At last! Jack Aubrey and Stephen Maturin are back as Patrick O'Brian provides his indomitably loyal fans with another adventure, this one by land as well as by sea. Lucky Jack Aubrey finds himself not so lucky as his troubles amount ashore, his prospects of admiralty dimmed and Sophie's affection waning. At sea, he fares little better: in the storms off Brest he captures a French privateer ladden with gold and ivory at the expense of missing a signal and deserting his post. And worst of all, in the spring of 1814, peace breaks out...
Fortunately, Maturin returns from a mission in Chile with news that may help restore Aubrey to good favor with both his beloved navy and wife. Then, off to Gibraltar: Napoleon has escaped from Elba.

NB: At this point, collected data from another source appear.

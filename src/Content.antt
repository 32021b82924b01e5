-- ===== src/Content.antt =====
-- internal/notifier/presets.go: what a notification says and what it carries.
pub mod Kept
pub mod TextOnly
mod Examples
use frigate_notifications.Prelude.{
  ℕ, Bool, true, false, not, ◌&&◌, ◌||◌, Option, none, some, List, [], ◌∷◌, ◌++◌, Text, lit, lookup,
  is_empty, ltb, ◌==◌, if◌then◌else◌, Result, ok, err,
}
use frigate_notifications.Prelude.Int.{ℤ, pos, negsuc}
use frigate_notifications.Unicode.{trim_space}
use frigate_notifications.Config.{Config, Rule, Preset, text, liveview, camera_name, review_url}
use frigate_notifications.Rules.{Phase, end, update, is_end}
use frigate_notifications.Frigate.{ReviewPayload, ReviewMetadata, gen_ai}
use frigate_notifications.Message.{Message, Stage, started, updated, ended}
use frigate_notifications.Media.{Kind, snapshot, clip, preview, play, Signer, clip_id, media_url}
use frigate_notifications.Phrase.{
  build_headline, build_subject, first_sentence, truncate_words, normalize_objects, humanize_all,
}
use frigate_notifications.Environment.{
  Env, Moment, Effect, media_selected, Selected, off, no_media, kind, Probe, fits, too_large,
  unavailable,
}

pub record Candidate : Type 0 where
  pub media : Kind
  pub id : Text

abbrev clip_candidate : ReviewPayload → Option ℕ → List Candidate
clip_candidate review none = []
clip_candidate review (some stop) =
    record { media = clip; id = clip_id review.camera review.start_time stop } ∷ []

-- Best first; clips exist only after the end.
unfoldable pub media_candidates : ReviewPayload → Phase → Text → List Candidate
media_candidates review phase event_id =
    let snapshots : List Candidate =
      if is_empty event_id then [] else record { media = snapshot; id = event_id } ∷ [] in
    if is_end phase
    then clip_candidate review review.end_time
      ++ (record { media = preview; id = review.id } ∷ snapshots)
    else snapshots

abbrev pub stage_for : Phase → Stage
stage_for end = ended
stage_for update = updated
stage_for _ = started

abbrev threat_prefix : ℤ → Text
threat_prefix (pos n) =
    if n == 1 then lit "Needs review: " else if n == 2 then lit "Security concern: " else []
threat_prefix (negsuc n) = []

abbrev pub or_else : Text → Text → Text
or_else [] t = t
or_else (c ∷ s) t = c ∷ s

abbrev is_some : {A : Type 0} → Option A → Bool
is_some none = false
is_some (some _) = true

abbrev is_clip : Kind → Bool
is_clip clip = true
is_clip _ = false

abbrev is_snapshot : Kind → Bool
is_snapshot snapshot = true
is_snapshot _ = false

abbrev is_text : Preset → Bool
is_text text = true
is_text _ = false

abbrev is_liveview : Preset → Bool
is_liveview liveview = true
is_liveview _ = false

-- The message so far, and the kind that was selected.
pub record Attached : Type 0 where
  pub message : Message
  pub selected : Selected

module _ {P : Type 0} (env : Env P) (cfg : Config) where
  -- The headline, the detail and the threat.
  phrased : ReviewPayload → Text → Option ReviewMetadata → Text × Text × ℤ
  phrased review detail none = (build_headline env.unicode review, detail, pos 0)
  phrased review detail (some m) =
      let title = trim_space env.unicode m.title in
      let summary = trim_space env.unicode m.short_summary in
      let headline =
        if is_empty title
        then build_headline env.unicode review
        else truncate_words env.unicode title 120 in
      (
        threat_prefix m.potential_threat_level ++ headline,
        if is_empty summary then detail else truncate_words env.unicode summary 200,
        m.potential_threat_level,
      )

  unfoldable pub compose : ReviewPayload → Phase → Text → Text → Message
  unfolding phrased
  compose review phase tag description =
      let d = review.review_data in
      let meta = gen_ai env.decode_metadata d in
      let (headline, detail, threat) =
        phrased review (first_sentence env.unicode description 140) meta in
      let body =
        if is_empty detail
        then headline
        else if is_some meta
        then headline ++ (lit "\n" ++ detail)
        else detail in
      record {
        camera = review.camera;
        title = camera_name cfg review.camera;
        who = if is_empty d.sub_labels then [] else build_subject env.unicode d;
        headline = headline;
        detail = detail;
        body = trim_space env.unicode body;
        objects = normalize_objects d.objects;
        zones = humanize_all env.unicode d.zones;
        severity = review.severity;
        threat = threat;
        stage = stage_for phase;
        start = review.start_time;
        end = elim review.end_time [ none ↦ 0 | some t ↦ t ];
        tag = tag;
        image = [];
        snapshot = [];
        video = [];
        clip_url = [];
        click_url = review_url env.query_escape cfg review.id;
        live_entity = [];
        critical = false;
        update = false;
      }

  -- A link that cannot be signed is empty.
  link_or_empty : Result Text → Text
  link_or_empty err = []
  link_or_empty (ok url) = url

  abbrev first_selected : Selected → Kind → Selected
  first_selected no_media k = kind k
  first_selected s k = s

  -- What the candidate's link becomes: the clip is the video, the first other the image.
  place : Candidate → Text → Attached → Attached
  place cand url a =
      let m = a.message in
      let shown =
        if is_clip cand.media
        then record m { video = url }
        else if is_empty m.image
        then record m { image = url }
        else m in
      record {
        message = if is_snapshot cand.media then record shown { snapshot = url } else shown;
        selected = first_selected a.selected cand.media;
      }

  attach_link : Bool → Candidate → Text → Attached → Attached
  unfolding place
  attach_link attach cand [] a = a
  attach_link attach cand (c ∷ url) a = if attach then place cand (c ∷ url) a else a

  with_clip_page : Signer → ℕ → Candidate → Attached → Attached
  unfolding link_or_empty
  with_clip_page s now cand a =
      let m = a.message in
      if is_clip cand.media
      then record a {
        message = record m { clip_url = link_or_empty (media_url s play cand.id now) };
      }
      else a

  -- One turn of the loop over the candidates.
  abbrev turn : Signer → ℕ → Bool → Candidate → Probe → Attached → Attached
  turn s now attach cand unavailable a = a
  turn s now attach cand too_large a = with_clip_page s now cand a
  turn s now attach cand fits a =
      attach_link attach cand (link_or_empty (media_url s cand.media cand.id now))
        (with_clip_page s now cand a)

  -- The text preset stops at the first candidate that is no clip.
  unfoldable pub attach_all : Signer → ℕ → Bool → List Candidate → Attached → Attached
  unfolding attach_link with_clip_page
  attach_all s now attach [] a = a
  attach_all s now attach (cand ∷ rest) a =
      let next =
        attach_all s now attach rest (turn s now attach cand (env.probe cand.media cand.id) a) in
      if not attach && not (is_clip cand.media) then a else next

  live : Rule → ReviewPayload → Message → Message
  live rule review c = elim (lookup review.camera cfg.cameras) [
    | none ↦ c
    | some cam ↦
        if is_liveview rule.preset then record c { live_entity = cam.live_view_entity } else c
  ]

  abbrev with_media : Signer → ℕ → Rule → ReviewPayload → Phase → Text → Message → Attached
  with_media s now rule review phase event_id c =
      let attach = not (is_text rule.preset) in
      attach_all s now attach (media_candidates review phase event_id)
        (record { message = c; selected = if attach then no_media else off })

  -- The message, and what `MediaSelected` counts of it.
  unfoldable pub build_content :
      ℕ → ReviewPayload → Rule → Phase → Text → Text → Text → Message × List Effect
  unfolding compose live attach_all
  build_content now review rule phase tag event_id description =
      let c = live rule review (compose review phase tag description) in
      elim env.signer [
        | none ↦ (c, [])
        | some s ↦
            let a = with_media s now rule review phase event_id c in
            (a.message, media_selected phase a.selected ∷ [])
      ]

The Yellow Admiral is a change of pace, a reversion to the themes of the earlier novels in the Aubrey/Maturin series. Much of the story takes place on land, giving scope to O'Brian's fascination with the landscape, physical and social, of early nineteenth-century England. In vivid glimpses of various rural pursuits, and nuanced observation of politics and domestic arrangements, O'Brian proves himself ever more surely to be the heir of Jane Austen. Not to say there aren't some rousing and bloody sea-battles!
From Publishers Weekly
As befits a popular and enduring fictional hero, Captain Jack Aubrey of the Royal Navy is besieged on all sides in the 18th installment of O'Brian's splendid 19th-century historical adventure series (The Commodore, etc.). Jack is fighting expensive, possibly ruinous, legal battles with slavers, as well as with rich landowners trying to enclose common lands around his family estate. He must also deal with a Navy superior with a financial interest in the enclosure, who is trying to wreck Jack's career. (If a captain becomes an admiral without a command he is "in the cant phrase... yellowed"). Jack, on blockade duty off Brittany, frets that the impending peace will indeed yellow him; and he's also in for some rough marital weather with his wife, Sophie. Meanwhile, the series' other hero, Irish-Catalan physician Stephen Maturin, who's Jack's best friend, connects in "the dark of the moon" with Chilean independence leaders who may hire Jack to head their own young navy. O'Brian is at the top of his elegant form here. He offers a wealth of sly humor (Navy officers' talk is "really not fit for mixed company because of its profoundly nautical character"), some splendid set pieces (a bare-knuckle boxing match, lively sea actions), characters who are palpably real and, as always, lapidary prose. This is splendid storytelling from a true master. Major ad/promo.